» **RECORDS PROVIDED**
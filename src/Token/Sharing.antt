-- ===== src/Token/Sharing.antt =====
-- Which tokens see which writes.
use qt_rpc.Base.{
  ◌<◌, ◌≡◌, ◌≢◌, refl, String, Bool, true, ◌&&◌, none, some, List, [], ◌∷◌, ◌++◌, str_eq, eq_iff,
  ◌==◌, if◌then◌else◌, arith, append_assoc,
}
use qt_rpc.Qt.{Qt, IsQt, Bytes}
use qt_rpc.Token.{
  Heap, AuthToken, value?, insert, remove, store, is_default, client_value, server_value,
  client_insert, server_insert, allocate, detach, copy, write, read,
}

module _ {V : Type 0} where
  value?-remove :
      (k j : String) (m : List (String × V))
      → value? j (remove k m) ≡ (if str_eq k j then none else value? j m)
  unfolding value? remove
  value?-remove k j [] = ground arith
  value?-remove k j ((i, v) ∷ m) =
      ground (arith, value?-remove k j m, eq_iff i k, eq_iff i j, eq_iff k j)

  value?-insert :
      (k j : String) (v : V) (m : List (String × V))
      → value? j (insert k v m) ≡ (if str_eq k j then some v else value? j m)
  unfolding value? insert
  value?-insert k j v m = ground (arith, value?-remove k j m)

  -- A value that is inserted through one token is found by every token that shares its data and
  -- under its key, and nothing else changes for any token: not another key, not the server's data,
  -- not the default flag.
  pub client_value-client_insert :
      (h : Heap V) (t u : AuthToken) (k j : String) (v d : V)
      → (client_value (client_insert h t k v) u j d
          ≡ (if (t == u) && str_eq k j then v else client_value h u j d))
        × (server_value (client_insert h t k v) u j d ≡ server_value h u j d)
        × (is_default (client_insert h t k v) u ≡ is_default h u)
  unfolding client_value client_insert server_value is_default store
  client_value-client_insert h t u k j v d =
      (ground (arith, value?-insert k j v (h.cell t).client), ground arith, ground arith)

  -- A token of the heap that shares its data and is detached starts with the data of the old one,
  -- the client's and the server's. From then on neither token sees what is inserted through the
  -- other, in either of these.
  pub detach_separates :
      (garbage : Bool) (h : Heap V) (t : AuthToken) (k j : String) (v d : V)
      → t < h.fresh
      → (u : AuthToken) × (g : Heap V) × (detach garbage true h t ≡ some (u, g))
        × (client_value g u j d ≡ client_value h t j d)
        × (server_value g u j d ≡ server_value h t j d)
        × (client_value (client_insert g u k v) t j d ≡ client_value h t j d)
        × (server_value (server_insert g u k v) t j d ≡ server_value h t j d)
        × (client_value (client_insert g t k v) u j d ≡ client_value h t j d)
        × (server_value (server_insert g t k v) u j d ≡ server_value h t j d)
  unfolding detach allocate client_value client_insert server_value server_insert
  detach_separates garbage h t k j v d live = (
    h.fresh,
    (allocate h (record (h.cell t) { default_token = garbage })).1,
    refl,
    ground arith,
    ground arith,
    ground arith,
    ground arith,
    ground arith,
    ground arith,
  )

  -- `copy` between tokens with data of their own takes over both maps, keeps the default flag, and
  -- changes no other token.
  copy_lem :
      (h : Heap V) (t other : AuthToken)
      → t ≢ other
      → (g : Heap V) × (copy h t other ≡ some g)
        × ((k : String) (d : V) → client_value g t k d ≡ client_value h other k d)
        × ((k : String) (d : V) → server_value g t k d ≡ server_value h other k d)
        × (is_default g t ≡ is_default h t)
        × ((u : AuthToken) → g.cell u ≡ (if t == u then g.cell t else h.cell u))
  unfolding copy client_value server_value is_default
  copy_lem h t other ne = (
    store h t
        (record (h.cell t) { server = (h.cell other).server; client = (h.cell other).client }),
    ground arith,
    λ k d. ground arith,
    λ k d. ground arith,
    ground arith,
    λ u. ground arith,
  )

module _ {V : Type 0} (q : Qt V) (qt : IsQt q) where
  -- A token that is written and read into another one gives it the whole data, for every token that
  -- shares it.
  pub read-write_token :
      (h g : Heap V) (t u : AuthToken) (rest : Bytes)
      → ((read q g u (write q h t ++ rest)).0.cell u ≡ h.cell t)
        × ((read q g u (write q h t ++ rest)).1 ≡ rest)
  unfolding read write
  read-write_token h g t u rest =
      simp (append_assoc, qt.flag_reads, qt.entries_reads) (ground arith, refl)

» **EXERCISE BRIEF**
Extract from the records above the lines from the one containing "v else value? j m)" to the one containing "(client_value (client_insert h", both lines included, exactly as they appear and with nothing else.

» **PROBLEM SOLUTION**
      → value? j (insert k v m) ≡ (if str_eq k j then some v else value? j m)
  unfolding value? insert
  value?-insert k j v m = ground (arith, value?-remove k j m)

  -- A value that is inserted through one token is found by every token that shares its data and
  -- under its key, and nothing else changes for any token: not another key, not the server's data,
  -- not the default flag.
  pub client_value-client_insert :
      (h : Heap V) (t u : AuthToken) (k j : String) (v d : V)
      → (client_value (client_insert h t k v) u j d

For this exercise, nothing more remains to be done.